The 4th Division’s 7th Brigade (consisting of the 39th and 47th Infantry Regiments) was attached to the 4th French Division on 14 June 1918, to complete training, including the long-delayed rifle marksmanship training for the 39th Infantry Regiment. Bach remembered, “These men had heard the thunder of the guns at the front but had never fired a rifle.” The men also handled live grenades for the first time. The 4th Division moved into the line on 14 July.
Graduation Day Review Next Stop: The Western Front |
After this additional specialized training, American units then went into the line with British and French units to acclimate them to combat conditions. New regiments and companies, under veteran Anglo-French supervision, rotated in and out of active frontline positions on ten-day tours during the second month. American troops defended against and conducted trench raids, familiarizing the men with combat conditions. By August 1918, the AEF was almost completely reliant on the Allies for this training. Many units did not have the opportunity to train for the full 90 days, because calls for immediate reinforcements from Allied commanders sent inexperienced and unprepared units into frontline positions against an experienced and determined enemy.
The result was more than 300,000 casualties in 11 months of fighting.
Source: "Learning the Lessons of Lethality: The Army's Cycle of Basic Combat Training, 1918-2019," U.S. Army War College
My grandfather (32nd Div, PVT infantry) said little about his training in the US, consolidated in Camp MaCarther, Texas before transport. He arrived in France in Mar 1918 and by his words was put to "hard labor". References to 32nd Div history stated has likely put to building warehouses and railroads to ultimately support subsequent supply/materiel and troops to the front afterwords. 32nd Div performed admirably during the War. Gramps survived, but was permanently disabled during the Oise-Aisne offensive. More to his story, but this is enough.
ReplyDeleteShortcomings in AEF training are greatly detailed in Richard S. Faulkner's "School of Hard Knocks: Combat Leadership in the American Expeditionary Forces" (Texas A&M University Press, 2012).
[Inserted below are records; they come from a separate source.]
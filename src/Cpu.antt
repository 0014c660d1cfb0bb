-- ===== src/Cpu.antt =====
-- One instruction of a process: `run` of src/cpu.c, with MM_PAGING.
pub mod Isolation
pub mod Cases
pub mod Effects
pub mod Guards
pub mod Kills
pub mod Allocations
mod Tests
use easter_egg.Common.{ℕ, suc, ◌+◌, ◌%◌, Option, none, some, get_elem?, leb, ◌>>=◌}
use easter_egg.Common.{if◌then◌else◌, Status, ok, one, update}
use easter_egg.Vm.{Malloc}
use easter_egg.Libmem
use easter_egg.Paging
use easter_egg.Process.{Machine, Pcb, Inst, Opcode, caller_of, put_caller, code_size, put_pc}
use easter_egg.Syscall.{libsyscall}

-- `(unsigned long)proc & 0UL`
abbrev pub calc : Status
calc = ok

-- The `switch`. READ stores its byte in a local copy of the instruction, which is dropped; the first
-- argument of WRITE is cut to a `BYTE`.
unfoldable pub execute : Malloc → Machine → ℕ → Inst → Option (Status × Machine)
execute malloc m p ins = elim ins.opcode [
  | Opcode.calc ↦ some (calc, m)
  | Opcode.alloc ↦ Libmem.liballoc malloc (caller_of m p) ins.arg_0 ins.arg_1 >>= λ r.
      some (r.0, put_caller m p r.1)
  | Opcode.free ↦ Libmem.libfree (caller_of m p) ins.arg_0 >>= λ r. some (r.0, put_caller m p r.1)
  | Opcode.read ↦ Paging.libread malloc (caller_of m p) ins.arg_0 ins.arg_1 >>= λ r.
      some (r.0, put_caller m p r.2)
  | Opcode.write ↦
      Paging.libwrite malloc (caller_of m p) (ins.arg_0 % 256) ins.arg_1 ins.arg_2 >>= λ r.
      some (r.0, put_caller m p r.1)
  | Opcode.syscall ↦
      libsyscall malloc m p ins.arg_0 ins.arg_1 ins.arg_2 ins.arg_3 >>= λ next. some (ok, next)
]

-- Behind the last instruction, where `pc >= size`, nothing is executed.
unfoldable pub run : Malloc → Machine → ℕ → Option (Status × Machine)
run malloc m p = elim (get_elem? (m.pcb p).code (m.pcb p).pc) [
  | none ↦ some (one, m)
  | some ins ↦ execute malloc (put_pc m p ((m.pcb p).pc + 1)) p ins
]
The book probably could have been shortened, but it leaves no doubt that there were serious deficiencies across the board.
ReplyDeleteTwo anecdotes from the literature of the AEF stick with me. An American officer jumps into a shell crater where several Doughboys were sheltering. Seeing the Germans advancing, he shouted "Fix bayonets." One boy looks at his bayonet, then at the officer, and says, 'Mine's not broken, sir." Another American officer comes across a young Doughboy on a roadside, with his rifle across his knees, sobbing. "What's wrong, son?" "Two months ago, I was drafted from my farm. I was sent to NJ for training, but when I got there, they put us on a ship to France, to get our training over here. On arriving, I was immediately sent to the front. No one has taught me how to load and fire this rifle!"
ReplyDeleteThis explains a lot of the attitude behind my great-grandfather's few snarky comments about his time at Camp Bowie and then France. Thank you.